-------- Extracted information --------

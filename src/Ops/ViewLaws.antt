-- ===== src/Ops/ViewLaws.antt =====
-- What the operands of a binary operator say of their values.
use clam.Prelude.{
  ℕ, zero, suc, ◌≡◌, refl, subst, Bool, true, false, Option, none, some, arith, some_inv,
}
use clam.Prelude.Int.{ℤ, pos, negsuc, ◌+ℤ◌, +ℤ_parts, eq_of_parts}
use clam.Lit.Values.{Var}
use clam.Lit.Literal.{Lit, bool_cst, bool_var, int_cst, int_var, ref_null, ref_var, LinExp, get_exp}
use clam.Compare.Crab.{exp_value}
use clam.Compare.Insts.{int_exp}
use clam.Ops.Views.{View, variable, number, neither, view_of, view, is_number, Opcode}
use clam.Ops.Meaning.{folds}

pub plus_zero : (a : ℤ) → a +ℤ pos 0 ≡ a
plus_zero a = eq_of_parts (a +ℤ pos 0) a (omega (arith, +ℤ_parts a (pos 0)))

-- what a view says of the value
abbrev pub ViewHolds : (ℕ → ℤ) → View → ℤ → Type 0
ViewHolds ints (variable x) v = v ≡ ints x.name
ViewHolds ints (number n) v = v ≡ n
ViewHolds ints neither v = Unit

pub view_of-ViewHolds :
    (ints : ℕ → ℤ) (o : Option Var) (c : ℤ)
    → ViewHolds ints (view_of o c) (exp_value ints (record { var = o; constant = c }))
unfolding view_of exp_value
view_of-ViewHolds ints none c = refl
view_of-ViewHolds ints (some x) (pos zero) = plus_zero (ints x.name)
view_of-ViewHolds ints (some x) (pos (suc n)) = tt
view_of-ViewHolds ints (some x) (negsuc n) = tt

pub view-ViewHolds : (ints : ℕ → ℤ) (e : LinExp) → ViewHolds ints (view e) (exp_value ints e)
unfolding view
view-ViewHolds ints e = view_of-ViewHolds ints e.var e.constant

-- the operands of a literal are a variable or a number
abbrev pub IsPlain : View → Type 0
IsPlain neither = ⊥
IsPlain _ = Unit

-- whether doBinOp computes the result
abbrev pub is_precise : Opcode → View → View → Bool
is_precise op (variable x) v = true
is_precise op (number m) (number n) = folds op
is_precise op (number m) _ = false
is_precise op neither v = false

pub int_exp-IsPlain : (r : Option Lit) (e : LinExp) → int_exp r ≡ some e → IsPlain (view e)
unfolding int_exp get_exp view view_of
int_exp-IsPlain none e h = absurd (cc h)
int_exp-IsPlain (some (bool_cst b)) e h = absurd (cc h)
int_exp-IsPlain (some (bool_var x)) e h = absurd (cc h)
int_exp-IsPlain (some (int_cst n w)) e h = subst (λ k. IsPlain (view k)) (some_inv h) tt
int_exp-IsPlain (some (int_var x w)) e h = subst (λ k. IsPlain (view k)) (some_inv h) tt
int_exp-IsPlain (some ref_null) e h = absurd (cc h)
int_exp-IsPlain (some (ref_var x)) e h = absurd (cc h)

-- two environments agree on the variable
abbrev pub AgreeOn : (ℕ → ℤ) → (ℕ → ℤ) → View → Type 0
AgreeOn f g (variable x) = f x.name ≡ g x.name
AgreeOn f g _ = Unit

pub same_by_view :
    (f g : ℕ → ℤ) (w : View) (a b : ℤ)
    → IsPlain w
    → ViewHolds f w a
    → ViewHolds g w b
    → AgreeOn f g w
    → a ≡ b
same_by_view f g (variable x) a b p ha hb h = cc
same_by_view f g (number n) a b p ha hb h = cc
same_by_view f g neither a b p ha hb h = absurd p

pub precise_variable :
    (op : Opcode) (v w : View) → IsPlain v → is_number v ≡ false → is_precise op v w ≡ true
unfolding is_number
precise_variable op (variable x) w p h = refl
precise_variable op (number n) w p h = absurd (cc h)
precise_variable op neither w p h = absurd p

--------
-------- Extracted information --------

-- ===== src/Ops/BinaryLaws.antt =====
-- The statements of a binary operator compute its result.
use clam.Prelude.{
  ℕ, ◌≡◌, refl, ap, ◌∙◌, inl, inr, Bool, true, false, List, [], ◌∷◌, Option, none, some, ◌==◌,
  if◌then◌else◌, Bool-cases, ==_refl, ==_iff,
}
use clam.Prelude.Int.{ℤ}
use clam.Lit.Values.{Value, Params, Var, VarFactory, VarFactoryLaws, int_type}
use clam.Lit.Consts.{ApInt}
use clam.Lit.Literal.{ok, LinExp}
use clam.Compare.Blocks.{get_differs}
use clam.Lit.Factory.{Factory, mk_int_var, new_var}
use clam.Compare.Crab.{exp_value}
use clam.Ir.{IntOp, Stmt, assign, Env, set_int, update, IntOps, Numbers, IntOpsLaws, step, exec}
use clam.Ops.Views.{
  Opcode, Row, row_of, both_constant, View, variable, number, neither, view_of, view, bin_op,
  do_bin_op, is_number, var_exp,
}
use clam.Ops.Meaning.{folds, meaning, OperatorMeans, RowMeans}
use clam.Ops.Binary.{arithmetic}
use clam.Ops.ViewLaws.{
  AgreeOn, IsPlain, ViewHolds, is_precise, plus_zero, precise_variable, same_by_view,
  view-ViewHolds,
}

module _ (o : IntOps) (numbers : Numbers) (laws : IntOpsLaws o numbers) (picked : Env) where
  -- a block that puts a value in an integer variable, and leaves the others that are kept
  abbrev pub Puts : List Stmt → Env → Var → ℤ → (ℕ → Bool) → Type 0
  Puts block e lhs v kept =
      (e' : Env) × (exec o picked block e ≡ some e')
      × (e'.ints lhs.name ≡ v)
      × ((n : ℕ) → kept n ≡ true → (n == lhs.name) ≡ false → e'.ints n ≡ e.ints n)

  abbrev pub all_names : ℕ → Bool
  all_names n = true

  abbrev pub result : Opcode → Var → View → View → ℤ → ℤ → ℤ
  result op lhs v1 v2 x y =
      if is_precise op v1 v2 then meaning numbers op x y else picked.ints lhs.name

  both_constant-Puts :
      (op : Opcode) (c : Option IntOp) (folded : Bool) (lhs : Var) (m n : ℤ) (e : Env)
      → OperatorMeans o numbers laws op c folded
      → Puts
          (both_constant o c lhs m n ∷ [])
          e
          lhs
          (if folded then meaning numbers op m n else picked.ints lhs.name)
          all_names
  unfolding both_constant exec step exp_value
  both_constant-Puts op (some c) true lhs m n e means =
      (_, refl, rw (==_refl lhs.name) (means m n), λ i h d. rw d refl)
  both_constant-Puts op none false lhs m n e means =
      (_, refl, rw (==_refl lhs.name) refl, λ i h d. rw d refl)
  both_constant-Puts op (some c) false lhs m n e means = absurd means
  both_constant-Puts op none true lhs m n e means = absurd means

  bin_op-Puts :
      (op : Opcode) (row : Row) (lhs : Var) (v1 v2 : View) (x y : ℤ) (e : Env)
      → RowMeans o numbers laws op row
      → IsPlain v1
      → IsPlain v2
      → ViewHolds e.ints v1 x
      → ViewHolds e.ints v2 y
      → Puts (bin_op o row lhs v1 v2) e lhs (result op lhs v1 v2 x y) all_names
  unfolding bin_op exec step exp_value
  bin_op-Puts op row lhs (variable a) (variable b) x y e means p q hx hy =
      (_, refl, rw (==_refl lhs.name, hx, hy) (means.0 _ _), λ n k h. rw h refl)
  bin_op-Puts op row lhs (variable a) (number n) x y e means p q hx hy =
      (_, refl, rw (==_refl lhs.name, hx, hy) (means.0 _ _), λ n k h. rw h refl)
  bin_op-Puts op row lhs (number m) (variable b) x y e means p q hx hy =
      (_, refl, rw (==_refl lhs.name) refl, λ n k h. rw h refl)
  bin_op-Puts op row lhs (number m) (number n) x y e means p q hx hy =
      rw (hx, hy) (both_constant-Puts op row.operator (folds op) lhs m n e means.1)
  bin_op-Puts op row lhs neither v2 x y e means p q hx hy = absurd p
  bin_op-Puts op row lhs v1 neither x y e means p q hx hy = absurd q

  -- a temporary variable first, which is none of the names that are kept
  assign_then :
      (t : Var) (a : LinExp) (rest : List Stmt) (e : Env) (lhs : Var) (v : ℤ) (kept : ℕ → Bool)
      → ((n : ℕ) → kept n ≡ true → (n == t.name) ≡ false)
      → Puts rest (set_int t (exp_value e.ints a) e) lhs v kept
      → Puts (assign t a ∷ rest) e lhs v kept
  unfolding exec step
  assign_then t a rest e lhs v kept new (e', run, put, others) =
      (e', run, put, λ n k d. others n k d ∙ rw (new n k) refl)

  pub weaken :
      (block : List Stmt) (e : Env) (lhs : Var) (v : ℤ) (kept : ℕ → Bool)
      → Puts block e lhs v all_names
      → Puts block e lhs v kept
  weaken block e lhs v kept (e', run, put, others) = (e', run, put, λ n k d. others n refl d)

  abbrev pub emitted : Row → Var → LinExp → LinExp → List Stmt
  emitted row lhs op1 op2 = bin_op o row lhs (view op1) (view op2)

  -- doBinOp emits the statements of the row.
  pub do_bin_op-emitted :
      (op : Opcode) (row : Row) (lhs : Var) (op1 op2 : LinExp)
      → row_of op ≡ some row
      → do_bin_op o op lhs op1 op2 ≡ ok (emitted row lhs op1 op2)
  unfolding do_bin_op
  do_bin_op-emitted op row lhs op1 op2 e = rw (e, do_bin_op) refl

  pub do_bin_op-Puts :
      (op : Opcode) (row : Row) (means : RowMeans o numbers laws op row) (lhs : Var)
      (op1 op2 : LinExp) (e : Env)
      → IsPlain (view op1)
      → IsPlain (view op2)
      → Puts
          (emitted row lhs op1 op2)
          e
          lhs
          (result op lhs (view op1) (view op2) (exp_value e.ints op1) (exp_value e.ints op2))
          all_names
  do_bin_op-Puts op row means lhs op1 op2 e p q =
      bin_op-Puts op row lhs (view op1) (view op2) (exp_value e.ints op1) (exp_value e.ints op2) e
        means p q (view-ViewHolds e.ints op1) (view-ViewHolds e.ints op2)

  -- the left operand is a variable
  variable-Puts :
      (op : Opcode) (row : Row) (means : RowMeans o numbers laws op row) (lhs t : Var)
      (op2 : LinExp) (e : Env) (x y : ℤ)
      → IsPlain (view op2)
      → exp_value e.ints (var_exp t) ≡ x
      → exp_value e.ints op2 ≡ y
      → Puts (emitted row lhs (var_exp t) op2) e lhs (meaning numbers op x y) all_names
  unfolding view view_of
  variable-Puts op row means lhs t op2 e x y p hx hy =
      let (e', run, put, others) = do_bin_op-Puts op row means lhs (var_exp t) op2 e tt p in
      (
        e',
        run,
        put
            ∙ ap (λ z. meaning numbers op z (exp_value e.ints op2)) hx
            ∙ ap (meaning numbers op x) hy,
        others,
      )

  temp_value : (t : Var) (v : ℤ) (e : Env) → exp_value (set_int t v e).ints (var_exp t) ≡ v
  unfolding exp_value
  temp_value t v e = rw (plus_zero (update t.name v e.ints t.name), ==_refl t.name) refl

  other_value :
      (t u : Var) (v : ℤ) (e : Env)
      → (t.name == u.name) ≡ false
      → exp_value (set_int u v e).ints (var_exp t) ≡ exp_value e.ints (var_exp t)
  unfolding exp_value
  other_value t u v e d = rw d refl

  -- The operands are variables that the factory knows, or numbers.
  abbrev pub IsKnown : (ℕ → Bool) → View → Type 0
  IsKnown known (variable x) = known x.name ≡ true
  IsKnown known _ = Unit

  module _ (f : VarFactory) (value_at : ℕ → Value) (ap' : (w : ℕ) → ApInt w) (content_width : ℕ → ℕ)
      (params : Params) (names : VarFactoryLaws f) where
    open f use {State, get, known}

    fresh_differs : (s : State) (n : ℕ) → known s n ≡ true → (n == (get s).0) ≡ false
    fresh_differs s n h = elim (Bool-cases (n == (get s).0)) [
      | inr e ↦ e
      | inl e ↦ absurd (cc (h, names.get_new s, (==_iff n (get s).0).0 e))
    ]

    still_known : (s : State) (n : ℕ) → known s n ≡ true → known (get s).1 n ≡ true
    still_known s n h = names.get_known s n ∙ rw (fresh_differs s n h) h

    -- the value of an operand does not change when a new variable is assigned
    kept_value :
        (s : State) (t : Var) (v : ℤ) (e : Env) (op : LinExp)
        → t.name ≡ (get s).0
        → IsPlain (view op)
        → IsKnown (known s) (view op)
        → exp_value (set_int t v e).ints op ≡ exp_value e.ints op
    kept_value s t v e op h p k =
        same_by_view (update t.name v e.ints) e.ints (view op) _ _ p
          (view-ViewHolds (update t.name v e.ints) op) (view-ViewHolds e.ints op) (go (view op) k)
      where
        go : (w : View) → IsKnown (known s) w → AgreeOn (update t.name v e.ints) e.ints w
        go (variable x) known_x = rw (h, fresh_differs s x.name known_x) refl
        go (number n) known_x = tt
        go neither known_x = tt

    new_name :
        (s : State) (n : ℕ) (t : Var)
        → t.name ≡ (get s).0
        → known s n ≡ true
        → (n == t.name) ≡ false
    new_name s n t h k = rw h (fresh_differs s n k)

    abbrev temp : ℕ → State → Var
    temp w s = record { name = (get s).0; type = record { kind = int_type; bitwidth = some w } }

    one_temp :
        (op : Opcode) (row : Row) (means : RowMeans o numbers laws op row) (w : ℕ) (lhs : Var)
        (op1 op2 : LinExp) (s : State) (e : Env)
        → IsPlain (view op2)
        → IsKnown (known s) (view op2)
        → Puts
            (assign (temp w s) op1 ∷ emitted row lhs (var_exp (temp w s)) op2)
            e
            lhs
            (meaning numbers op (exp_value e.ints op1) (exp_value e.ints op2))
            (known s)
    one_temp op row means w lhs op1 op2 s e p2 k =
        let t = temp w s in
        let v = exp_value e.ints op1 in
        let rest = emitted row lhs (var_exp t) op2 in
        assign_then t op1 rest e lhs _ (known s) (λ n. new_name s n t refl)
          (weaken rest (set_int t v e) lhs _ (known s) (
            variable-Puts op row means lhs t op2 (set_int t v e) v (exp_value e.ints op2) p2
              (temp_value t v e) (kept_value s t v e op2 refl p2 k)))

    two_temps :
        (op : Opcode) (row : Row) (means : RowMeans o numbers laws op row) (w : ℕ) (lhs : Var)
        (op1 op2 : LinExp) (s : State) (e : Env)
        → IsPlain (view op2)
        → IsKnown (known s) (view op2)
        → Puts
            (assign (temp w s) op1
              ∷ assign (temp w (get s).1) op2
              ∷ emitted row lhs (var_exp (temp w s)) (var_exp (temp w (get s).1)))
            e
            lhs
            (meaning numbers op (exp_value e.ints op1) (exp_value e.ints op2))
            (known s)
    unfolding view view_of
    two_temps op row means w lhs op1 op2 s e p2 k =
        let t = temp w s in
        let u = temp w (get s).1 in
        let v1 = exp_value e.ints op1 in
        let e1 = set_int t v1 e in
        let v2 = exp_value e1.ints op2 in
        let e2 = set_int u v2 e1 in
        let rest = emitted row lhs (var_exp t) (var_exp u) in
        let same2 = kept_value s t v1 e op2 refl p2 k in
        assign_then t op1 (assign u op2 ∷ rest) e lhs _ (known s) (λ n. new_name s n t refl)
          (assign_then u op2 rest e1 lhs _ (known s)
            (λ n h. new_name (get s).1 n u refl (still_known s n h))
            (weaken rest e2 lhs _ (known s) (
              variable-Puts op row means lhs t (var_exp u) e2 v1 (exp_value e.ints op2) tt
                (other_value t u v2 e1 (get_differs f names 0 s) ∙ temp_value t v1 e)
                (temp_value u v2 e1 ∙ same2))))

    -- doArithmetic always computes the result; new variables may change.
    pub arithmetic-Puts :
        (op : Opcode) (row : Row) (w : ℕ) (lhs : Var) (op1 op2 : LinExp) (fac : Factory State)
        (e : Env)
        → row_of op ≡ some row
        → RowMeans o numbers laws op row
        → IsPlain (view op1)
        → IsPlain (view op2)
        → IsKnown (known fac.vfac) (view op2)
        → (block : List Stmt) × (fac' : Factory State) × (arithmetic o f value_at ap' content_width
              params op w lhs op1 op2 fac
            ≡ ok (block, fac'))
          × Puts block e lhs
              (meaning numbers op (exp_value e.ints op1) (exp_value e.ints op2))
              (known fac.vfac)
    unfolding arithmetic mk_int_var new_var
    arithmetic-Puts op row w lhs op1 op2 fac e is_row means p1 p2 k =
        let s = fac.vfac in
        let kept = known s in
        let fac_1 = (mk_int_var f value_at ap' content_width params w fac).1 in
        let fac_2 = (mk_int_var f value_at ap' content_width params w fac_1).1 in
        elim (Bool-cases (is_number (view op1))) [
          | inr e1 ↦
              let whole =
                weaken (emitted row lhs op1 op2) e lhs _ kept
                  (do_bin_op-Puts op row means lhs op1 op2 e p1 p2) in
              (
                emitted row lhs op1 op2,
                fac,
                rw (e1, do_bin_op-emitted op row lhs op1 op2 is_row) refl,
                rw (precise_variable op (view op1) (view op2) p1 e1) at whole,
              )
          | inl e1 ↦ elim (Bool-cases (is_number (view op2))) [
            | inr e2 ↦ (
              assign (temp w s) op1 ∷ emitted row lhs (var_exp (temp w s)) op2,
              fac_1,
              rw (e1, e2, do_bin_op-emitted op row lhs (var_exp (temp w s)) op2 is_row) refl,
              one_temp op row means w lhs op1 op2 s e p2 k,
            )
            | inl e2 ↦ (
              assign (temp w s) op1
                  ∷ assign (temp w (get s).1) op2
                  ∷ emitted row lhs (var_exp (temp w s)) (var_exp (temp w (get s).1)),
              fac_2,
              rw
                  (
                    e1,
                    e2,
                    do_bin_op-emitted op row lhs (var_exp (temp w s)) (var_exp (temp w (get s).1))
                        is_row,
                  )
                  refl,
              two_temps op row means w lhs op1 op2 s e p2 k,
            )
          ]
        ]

--------

From the records above, count the lines in which the string "Stmt" is found, and answer with the number alone.

> _Written response_: 6